All threads are done!
⏱ You’ll notice that all threads start together, and the program only waits for all of them to complete at the end — instead of doing them one by one.
When to Use?
- Downloading multiple files or web pages
- Handling many network connections
- Waiting for I/O operations
Multiprocessing
Multiprocessing allows Python programs to run multiple processes in parallel.

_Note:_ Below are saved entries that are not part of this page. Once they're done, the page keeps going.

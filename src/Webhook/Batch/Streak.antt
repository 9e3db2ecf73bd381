-- ===== src/Webhook/Batch/Streak.antt =====
-- How often a group goes on with an endpoint that does not answer.
use panmail.Webhook.Batch.Rows.{attempts_of, attempts_of-cases}
use panmail.Base.{
  [], inl, inr, true, ◌∷◌, List, ℕ, Bool, All, ◌<◌, ◌≡◌, ◌+◌, ltb, ◌&&◌, leb, arith, false, ◌++◌,
  length, sym, ◌∙◌, cons_inj, ap,
}
use panmail.Webhook.Batch.{tally, run_group, stop}
use panmail.Webhook.{Delivery, attempt, Lookup, Posted}

-- Every attempt found the endpoint unreachable.
abbrev pub AllUnreached : List (Delivery × Bool) → Type 0
AllUnreached attempts = All (λ a. a.1 ≡ true) attempts

module _ (failure_streak : ℕ) (may_start : ℕ → Bool) (now : ℕ → ℕ) (found : Delivery → Lookup)
    (posted : ℕ → Delivery → Posted) where
  abbrev made : ℕ → ℕ × ℕ → List Delivery → List (Delivery × Bool)
  made = attempts_of failure_streak may_start now found posted

  -- Failures in a row that open the attempts, after those already counted, stay below the limit if
  -- another attempt follows.
  run_below :
      (i : ℕ) (counts : ℕ × ℕ) (group : List Delivery) (run after : List (Delivery × Bool))
      (a : Delivery × Bool)
      → 0 < failure_streak
      → made i counts group ≡ run ++ a ∷ after
      → AllUnreached run
      → counts.0 + length run < failure_streak
  unfolding run_group stop
  run_below i counts [] run after a positive e all = absurd (nothing run after a e)
    where
      nothing :
          (run after : List (Delivery × Bool)) (a : Delivery × Bool) → [] ≡ run ++ a ∷ after → ⊥
      nothing [] after a e = ground arith
      nothing (r ∷ run) after a e = ground arith
  run_below i counts (d ∷ rest) run after a positive e all =
      elim (attempts_of-cases failure_streak may_start now found posted i counts d rest) [
        | inl none_made ↦ absurd (nothing run (sym none_made ∙ e))
        | inr (_, q, more) ↦
            split run all (sym more ∙ e) q
              (λ tail same rise. run_below (i + 1) next rest tail after a positive same rise)
      ]
    where
      first : Delivery × Bool
      first = attempt (now i) (found d) (posted i d) d

      next : ℕ × ℕ
      next = tally counts.0 counts.1 first

      nothing : (run : List (Delivery × Bool)) → [] ≡ run ++ a ∷ after → ⊥
      nothing [] e = ground arith
      nothing (r ∷ run) e = ground arith

      split :
          (run : List (Delivery × Bool))
          → AllUnreached run
          → first ∷ made (i + 1) next rest ≡ run ++ a ∷ after
          → (ltb 0 failure_streak && leb failure_streak counts.0) ≡ false
          → ((tail : List (Delivery × Bool))
              → made (i + 1) next rest ≡ tail ++ a ∷ after
              → AllUnreached tail
              → next.0 + length tail < failure_streak)
          → counts.0 + length run < failure_streak
      split [] all e q later = ground arith
      split (r ∷ run) all e q later =
          let (head, tail) = cons_inj first r (made (i + 1) next rest) (run ++ a ∷ after) e in
          omega (arith, later run tail all.1, counted (ap (λ x. x.1) head ∙ all.0))
        where
          counted : first.1 ≡ true → next.0 ≡ counts.0 + 1
          counted t = ground arith

  -- What is left of the attempts after some of them is what a later row leads to.
  made_later :
      (before : List (Delivery × Bool)) (i : ℕ) (counts : ℕ × ℕ) (group : List Delivery)
      (xs : List (Delivery × Bool))
      → made i counts group ≡ before ++ xs
      → (n : ℕ) × (later : ℕ × ℕ) × (left : List Delivery) × (made n later left ≡ xs)
  unfolding run_group stop
  made_later [] i counts group xs e = (i, counts, group, e)
  made_later (b ∷ before) i counts [] xs e = absurd (ground arith)
  made_later (b ∷ before) i counts (d ∷ rest) xs e =
      elim (attempts_of-cases failure_streak may_start now found posted i counts d rest) [
        | inl none_made ↦ absurd (nothing (sym none_made ∙ e))
        | inr (_, q, more) ↦
            made_later before (i + 1) next rest xs
              (cons_inj first b (made (i + 1) next rest) (before ++ xs) (sym more ∙ e)).1
      ]
    where
      first : Delivery × Bool
      first = attempt (now i) (found d) (posted i d) d

      next : ℕ × ℕ
      next = tally counts.0 counts.1 first

      nothing : [] ≡ b ∷ before ++ xs → ⊥
      nothing q = ground arith

  -- With a limit set, a group never makes another attempt after as many attempts in a row as the
  -- limit that found the endpoint unreachable, wherever in the group they stand.
  pub attempts_of-streak :
      (group : List Delivery) (before run after : List (Delivery × Bool)) (a : Delivery × Bool)
      → 0 < failure_streak
      → attempts_of failure_streak may_start now found posted 0 (0, 0) group
        ≡ before ++ (run ++ a ∷ after)
      → AllUnreached run
      → length run < failure_streak
  attempts_of-streak group before run after a positive e all =
      let (n, later, left, q) = made_later before 0 (0, 0) group (run ++ a ∷ after) e in
      omega (arith, run_below n later left run after a positive q all)
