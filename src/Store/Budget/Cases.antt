-- ===== src/Store/Budget/Cases.antt =====
-- What each budget call does to the two invariants, on every branch.
use scrum_jail_governance_pl.Base.{
  ℕ, ◌≤◌, String, false, ◌&&◌, ◌≡◌, refl, none, some, List, [], ◌∷◌, arith, Option-cases, ◌⊎◌, inl,
  inr, ℤ, pos, negsuc, subst, sym, ap,
}
use scrum_jail_governance_pl.Base.Table.{select, count}
use scrum_jail_governance_pl.Base.Table.Laws.{select_widen}
use scrum_jail_governance_pl.Base.Table.Sums.{total-update_le}
use scrum_jail_governance_pl.Store.Schema.{Store, WakeSession, BudgetReservation, ReservationState}
use scrum_jail_governance_pl.Store.Action.{ok}
use scrum_jail_governance_pl.Store.Sessions.{is_held, by_session_id}
use scrum_jail_governance_pl.Store.Workers.{usable_session}
use scrum_jail_governance_pl.Store.Budget.{
  by_reservation_id, two_distinct, reserve_budget, settle_budget, mark_budget_uncertain,
  release_budget,
}
use scrum_jail_governance_pl.Store.Budget.Held.{weight, held, IsCovered, IsWithin}
use scrum_jail_governance_pl.Store.Budget.Release.{
  release_effect, release_refused, released-IsCovered, released-IsWithin,
}
use scrum_jail_governance_pl.Store.Budget.Settle.{
  settle_effect, settle_refused, charged-IsCovered, charged-IsWithin,
}
use scrum_jail_governance_pl.Store.Budget.Reserve.{reserve_effect}
use scrum_jail_governance_pl.Store.Budget.Filled.{reserved-IsCovered, reserved-IsWithin}

-- Session ids do not repeat: the primary key of `wake_session`.
abbrev pub IsKeyed : Store → Type 0
IsKeyed s = (session_id : String) → count (by_session_id session_id) s.sessions ≤ 1

-- A call without effect.
reserve_none :
    (session_id epoch : String) (requested : ℤ) (buckets : List (String × String × ℤ))
    (fresh now : String) (s : Store)
    → select (usable_session session_id now) s.sessions ≡ none
    → (reserve_budget session_id epoch requested buckets fresh now s).1 ≡ s
unfolding reserve_budget
reserve_none session_id epoch requested buckets fresh now s e = ground arith

reserve_negative :
    (session_id epoch : String) (n : ℕ) (buckets : List (String × String × ℤ)) (fresh now : String)
    (s : Store)
    → (reserve_budget session_id epoch (negsuc n) buckets fresh now s).1 ≡ s
unfolding reserve_budget
reserve_negative session_id epoch n buckets fresh now s = refl

reserve_not_two :
    (session_id epoch : String) (requested : ℤ) (buckets : List (String × String × ℤ))
    (fresh now : String) (s : Store)
    → two_distinct buckets ≡ false
    → (reserve_budget session_id epoch requested buckets fresh now s).1 ≡ s
unfolding reserve_budget
reserve_not_two session_id epoch requested buckets fresh now s e = ground arith

module _ (session_id epoch : String) (fresh now : String) (s : Store) where
  pub reserve_two-IsCovered :
      (n : ℕ) (a b : String × String × ℤ) (row : WakeSession)
      → select (usable_session session_id now) s.sessions ≡ some row
      → IsKeyed s
      → IsCovered s
      → IsCovered (reserve_budget session_id epoch (pos n) (a ∷ b ∷ []) fresh now s).1
  reserve_two-IsCovered n a b row e k c =
      elim (reserve_effect session_id epoch n a b fresh s now row e) [
        | inl same ↦ subst IsCovered (sym same) c
        | inr (done, both, room) ↦ subst IsCovered (sym done) (
            reserved-IsCovered session_id epoch n a b fresh s row
              (select_widen (by_session_id session_id) (usable_session session_id now) s.sessions
                row (λ y h. ground arith) (k session_id) e)
              both c)
      ]

  pub reserve_two-IsWithin :
      (n : ℕ) (a b : String × String × ℤ) (row : WakeSession)
      → select (usable_session session_id now) s.sessions ≡ some row
      → IsWithin s
      → IsWithin (reserve_budget session_id epoch (pos n) (a ∷ b ∷ []) fresh now s).1
  reserve_two-IsWithin n a b row e w =
      elim (reserve_effect session_id epoch n a b fresh s now row e) [
        | inl same ↦ subst IsWithin (sym same) w
        | inr (done, both, room) ↦
            subst IsWithin (sym done)
              (reserved-IsWithin session_id epoch n a b fresh s row both room w)
      ]

  -- What holds of an unchanged database and after a reservation in two buckets holds after any.
  pub reserve_cases {ℓ} :
      (P : Store → Type ℓ)
      → P s
      → ((n : ℕ) (a b : String × String × ℤ) (row : WakeSession)
          → select (usable_session session_id now) s.sessions ≡ some row
          → P (reserve_budget session_id epoch (pos n) (a ∷ b ∷ []) fresh now s).1)
      → (requested : ℤ) (buckets : List (String × String × ℤ))
      → P (reserve_budget session_id epoch requested buckets fresh now s).1
  reserve_cases P p two (negsuc n) buckets =
      subst P (sym (reserve_negative session_id epoch n buckets fresh now s)) p
  reserve_cases P p two (pos n) [] =
      subst P (sym (reserve_not_two session_id epoch (pos n) [] fresh now s refl)) p
  reserve_cases P p two (pos n) (a ∷ []) =
      subst P (sym (reserve_not_two session_id epoch (pos n) (a ∷ []) fresh now s refl)) p
  reserve_cases P p two (pos n) (a ∷ b ∷ c ∷ rest) =
      subst P (sym (reserve_not_two session_id epoch (pos n) (a ∷ b ∷ c ∷ rest) fresh now s refl)) p
  reserve_cases P p two (pos n) (a ∷ b ∷ []) =
      elim (Option-cases (select (usable_session session_id now) s.sessions)) [
        | inl e ↦ subst P (sym (reserve_none session_id epoch (pos n) (a ∷ b ∷ []) fresh now s e)) p
        | inr (row, e) ↦ two n a b row e
      ]

-- A reservation is there with its session, or a call on it has no effect.
pub reservation-cases :
    (reservation_id : String) (s : Store)
    → ((select (by_reservation_id reservation_id) s.reservations ≡ none)
        ⊎ ((r : BudgetReservation) × (select (by_reservation_id reservation_id) s.reservations
              ≡ some r)
            × (select (by_session_id r.session_id) s.sessions ≡ none)))
      ⊎ ((r : BudgetReservation) × (row : WakeSession) × (select
              (by_reservation_id reservation_id)
              s.reservations
            ≡ some r)
          × (select (by_session_id r.session_id) s.sessions ≡ some row))
reservation-cases reservation_id s =
    elim (Option-cases (select (by_reservation_id reservation_id) s.reservations)) [
      | inl e ↦ inl (inl e)
      | inr (r, e) ↦ elim (Option-cases (select (by_session_id r.session_id) s.sessions)) [
        | inl f ↦ inl (inr (r, e, f))
        | inr (row, f) ↦ inr (r, row, e, f)
      ]
    ]

settle_negative :
    (reservation_id : String) (n : ℕ) (s : Store)
    → (settle_budget reservation_id (negsuc n) s).1 ≡ s
unfolding settle_budget
settle_negative reservation_id n s = refl

pub settle-IsCovered :
    (reservation_id : String) (consumed : ℤ) (s : Store)
    → IsCovered s
    → IsCovered (settle_budget reservation_id consumed s).1
settle-IsCovered reservation_id (negsuc n) s c =
    subst IsCovered (sym (settle_negative reservation_id n s)) c
settle-IsCovered reservation_id (pos n) s c = elim (reservation-cases reservation_id s) [
  | inl missing ↦ subst IsCovered (sym (settle_refused reservation_id n s missing)) c
  | inr (r, row, e, f) ↦ elim (settle_effect reservation_id r row n s e f) [
    | inl same ↦ subst IsCovered (sym same) c
    | inr (done, active, _, _) ↦
        subst IsCovered (sym (ap (λ out. out.1) done))
          (charged-IsCovered reservation_id r row n s e f active c)
  ]
]

pub release-IsCovered :
    (reservation_id : String) (s : Store)
    → IsCovered s
    → IsCovered (release_budget reservation_id s).1
release-IsCovered reservation_id s c = elim (reservation-cases reservation_id s) [
  | inl missing ↦ subst IsCovered (sym (release_refused reservation_id s missing)) c
  | inr (r, row, e, f) ↦ elim (release_effect reservation_id r row s e f) [
    | inl same ↦ subst IsCovered (sym same) c
    | inr (done, active) ↦
        subst IsCovered (sym done) (released-IsCovered reservation_id r row s e f active c)
  ]
]

pub release-IsWithin :
    (reservation_id : String) (s : Store)
    → IsWithin s
    → IsWithin (release_budget reservation_id s).1
release-IsWithin reservation_id s w = elim (reservation-cases reservation_id s) [
  | inl missing ↦ subst IsWithin (sym (release_refused reservation_id s missing)) w
  | inr (r, row, e, f) ↦ elim (release_effect reservation_id r row s e f) [
    | inl same ↦ subst IsWithin (sym same) w
    | inr (done, active) ↦ subst IsWithin (sym done) (released-IsWithin reservation_id r row s w)
  ]
]

pub doubt-IsCovered :
    (reservation_id : String) (s : Store)
    → IsCovered s
    → IsCovered (mark_budget_uncertain reservation_id s).1
unfolding mark_budget_uncertain held
doubt-IsCovered reservation_id s c = record {
  covers = λ scope subject epoch. ground (
    arith,
    c.covers scope subject epoch,
    total-update_le (weight s.sessions scope subject epoch)
        (λ row. by_reservation_id reservation_id row && is_held row.state)
        (λ row. record row { state = ReservationState.uncertain }) s.reservations
        (λ x h. omega arith),
  );
}

pub doubt-IsWithin :
    (reservation_id : String) (s : Store)
    → IsWithin s
    → IsWithin (mark_budget_uncertain reservation_id s).1
unfolding mark_budget_uncertain
doubt-IsWithin reservation_id s w = record {
  within = λ scope subject epoch. ground (arith, w.within scope subject epoch);
}

-- A settlement that returns has charged no more than was reserved.
pub settle-IsWithin :
    (reservation_id : String) (consumed : ℤ) (s : Store)
    → (settle_budget reservation_id consumed s).0 ≡ ok tt
    → IsWithin s
    → IsWithin (settle_budget reservation_id consumed s).1
settle-IsWithin reservation_id (negsuc n) s returned w =
    subst IsWithin (sym (settle_negative reservation_id n s)) w
settle-IsWithin reservation_id (pos n) s returned w = elim (reservation-cases reservation_id s) [
  | inl missing ↦ subst IsWithin (sym (settle_refused reservation_id n s missing)) w
  | inr (r, row, e, f) ↦ elim (settle_effect reservation_id r row n s e f) [
    | inl same ↦ subst IsWithin (sym same) w
    | inr (done, active, org_covered, role_covered) ↦
        subst IsWithin (sym (ap (λ out. out.1) done))
          (charged-IsWithin reservation_id r row n s (ground arith) org_covered role_covered w)
  ]
]
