-- ===== src/Store/Budget/Ledger.antt =====
-- The budget calls in any order: reservations stay covered, and limits are passed only by a reported
-- overrun.
use scrum_jail_governance_pl.Base.{String, ◌≡◌, List, arith, ℤ, subst, sym}
use scrum_jail_governance_pl.Store.Schema.{Store}
use scrum_jail_governance_pl.Store.Action.{Action, Done, ok, ◌>>◌, pure}
use scrum_jail_governance_pl.Store.Budget.{
  reserve_budget, settle_budget, mark_budget_uncertain, release_budget,
}
use scrum_jail_governance_pl.Store.Budget.Held.{IsCovered, IsWithin}
use scrum_jail_governance_pl.Store.Budget.Cases.{
  IsKeyed, reserve_two-IsCovered, reserve_two-IsWithin, reserve_cases, settle-IsCovered,
  settle-IsWithin, release-IsCovered, release-IsWithin, doubt-IsCovered, doubt-IsWithin,
}

pub data Call : Type 0 where
  reserve : String → String → ℤ → List (String × String × ℤ) → String → String → Call
  settle : String → ℤ → Call
  doubt release : String → Call

unfoldable pub perform : Call → Action Done
perform (reserve session_id epoch requested buckets fresh now) =
    reserve_budget session_id epoch requested buckets fresh now >> pure tt
perform (settle reservation_id consumed) = settle_budget reservation_id consumed
perform (doubt reservation_id) = mark_budget_uncertain reservation_id
perform (release reservation_id) = release_budget reservation_id

discard_state : {A : Type 0} (m : Action A) (s : Store) → ((m >> pure tt) s).1 ≡ (m s).1
discard_state m s = ground arith

reserve-IsCovered :
    (session_id epoch : String) (requested : ℤ) (buckets : List (String × String × ℤ))
    (fresh now : String) (s : Store)
    → IsKeyed s
    → IsCovered s
    → IsCovered (reserve_budget session_id epoch requested buckets fresh now s).1
reserve-IsCovered session_id epoch requested buckets fresh now s k c =
    reserve_cases session_id epoch fresh now s IsCovered c
      (λ n a b row e. reserve_two-IsCovered session_id epoch fresh now s n a b row e k c) requested
      buckets

reserve-IsWithin :
    (session_id epoch : String) (requested : ℤ) (buckets : List (String × String × ℤ))
    (fresh now : String) (s : Store)
    → IsWithin s
    → IsWithin (reserve_budget session_id epoch requested buckets fresh now s).1
reserve-IsWithin session_id epoch requested buckets fresh now s w =
    reserve_cases session_id epoch fresh now s IsWithin w
      (λ n a b row e. reserve_two-IsWithin session_id epoch fresh now s n a b row e w) requested
      buckets

-- Where session ids do not repeat and every bucket counts at least what its active reservations
-- hold, each budget call, whether it returns or raises, leaves every bucket counting that much.
pub perform-IsCovered : (c : Call) (s : Store) → IsKeyed s → IsCovered s → IsCovered (perform c s).1
unfolding perform
perform-IsCovered (reserve session_id epoch requested buckets fresh now) s k c =
    subst IsCovered
      (sym (discard_state (reserve_budget session_id epoch requested buckets fresh now) s))
      (reserve-IsCovered session_id epoch requested buckets fresh now s k c)
perform-IsCovered (settle reservation_id consumed) s k c =
    settle-IsCovered reservation_id consumed s c
perform-IsCovered (doubt reservation_id) s k c = doubt-IsCovered reservation_id s c
perform-IsCovered (release reservation_id) s k c = release-IsCovered reservation_id s c

-- A budget call that returns, on a database whose buckets' consumed and reserved tokens are within
-- their limits, leaves them within.
pub perform-IsWithin :
    (c : Call) (s : Store) → (perform c s).0 ≡ ok tt → IsWithin s → IsWithin (perform c s).1
unfolding perform
perform-IsWithin (reserve session_id epoch requested buckets fresh now) s returned w =
    subst IsWithin
      (sym (discard_state (reserve_budget session_id epoch requested buckets fresh now) s))
      (reserve-IsWithin session_id epoch requested buckets fresh now s w)
perform-IsWithin (settle reservation_id consumed) s returned w =
    settle-IsWithin reservation_id consumed s returned w
perform-IsWithin (doubt reservation_id) s returned w = doubt-IsWithin reservation_id s w
perform-IsWithin (release reservation_id) s returned w = release-IsWithin reservation_id s w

This is especially useful for CPU-bound tasks (like complex calculations), where you need to fully utilize multiple CPU cores.
Unlike multithreading, which shares memory, multiprocessing creates separate memory spaces for each process, allowing true parallelism.
Why Use Multiprocessing?
- Parallelism: True parallelism — each process runs on a separate core.
- CPU-bound tasks: Great for tasks that are heavy on CPU (e.g., image processing, data analysis, etc.), as Python's Global Interpreter Lock (GIL) prevents multiple threads from running in parallel on multiple CPU cores.
- Better resource utilization: Use multiple cores to speed up your program when it’s limited by CPU.
Example code
import multiprocessing
import time
def square_number(n):
"""Function to calculate square of a number."""
print(f"Squaring {n}...")
time.sleep(2) # Simulate a time-consuming task (e.g., heavy calculation)
result = n * n
print(f"The square of {n} is {result}")
if __name__ == "__main__":
# Create a list of numbers to square
numbers = [1, 2, 3, 4, 5]
# Create a list to hold processes
processes = []
# Start multiple processes
for number in numbers:
p = multiprocessing.Process(target=square_number, args=(number,))
p.start() # Start process
processes.append(p)
# Wait for all processes to finish
for p in processes:
p.join()
print("All tasks finished.")
Difference Between Multithreading and Multiprocessing in Python
Comparison of Multithreading, Multiprocessing, and Asynchronous Programming in Python
This document compares three common approaches to concurrency and parallelism in Python: Multithreading, Multiprocessing, and Asynchronous Programming (async/await).
| Concept | Multithreading | Multiprocessing | Asynchronous (async/await) |
|---|---|---|---|
| Definition | Runs multiple threads (small tasks) inside one process. | Runs multiple processes, each with its own Python interpreter and memory. | Runs tasks concurrently using a single thread and event loop without blocking. |
| Execution model | Threads share the same memory space. | Each process has its own separate memory space. | Single-threaded by default; uses an event loop to switch between tasks. |
| Parallel execution | Limited by the GIL — only one thread runs Python code at a time. | True parallelism — each process runs on a separate CPU core. | Concurrent execution for I/O-bound tasks, but not parallel on CPU. |
| Best for | I/O-bound tasks (like file or network operations). | CPU-bound tasks (like calculations or data processing). | I/O-bound tasks (like network requests, file operations, database queries). |
| Global Interpreter Lock (GIL) | Only one thread runs Python code at a time. | Not affected by GIL — all processes run independently. | Not affected by GIL since only one thread is used; tasks yield control with await. |
| Memory | Shared between threads. | Separate memory for each process. | Shared memory of a single thread; uses coroutines instead of separate threads. |
| Data sharing | Easy (since memory is shared). | Needs special tools like Queues or Pipes to share data. | Easy — tasks can share data within the same thread. |
| Performance | Great for I/O tasks. | Great for CPU-heavy tasks. | Great for high-latency I/O tasks; not for CPU-heavy tasks. |
| Overhead | Low. | Higher (creates separate processes). | Very low — lightweight coroutines managed by event loop. |
✅ When to Use
- Use Multithreading → for I/O-bound work (e.g., downloading files, reading APIs).
- Use Multiprocessing → for CPU-bound work (e.g., heavy computation, image processing).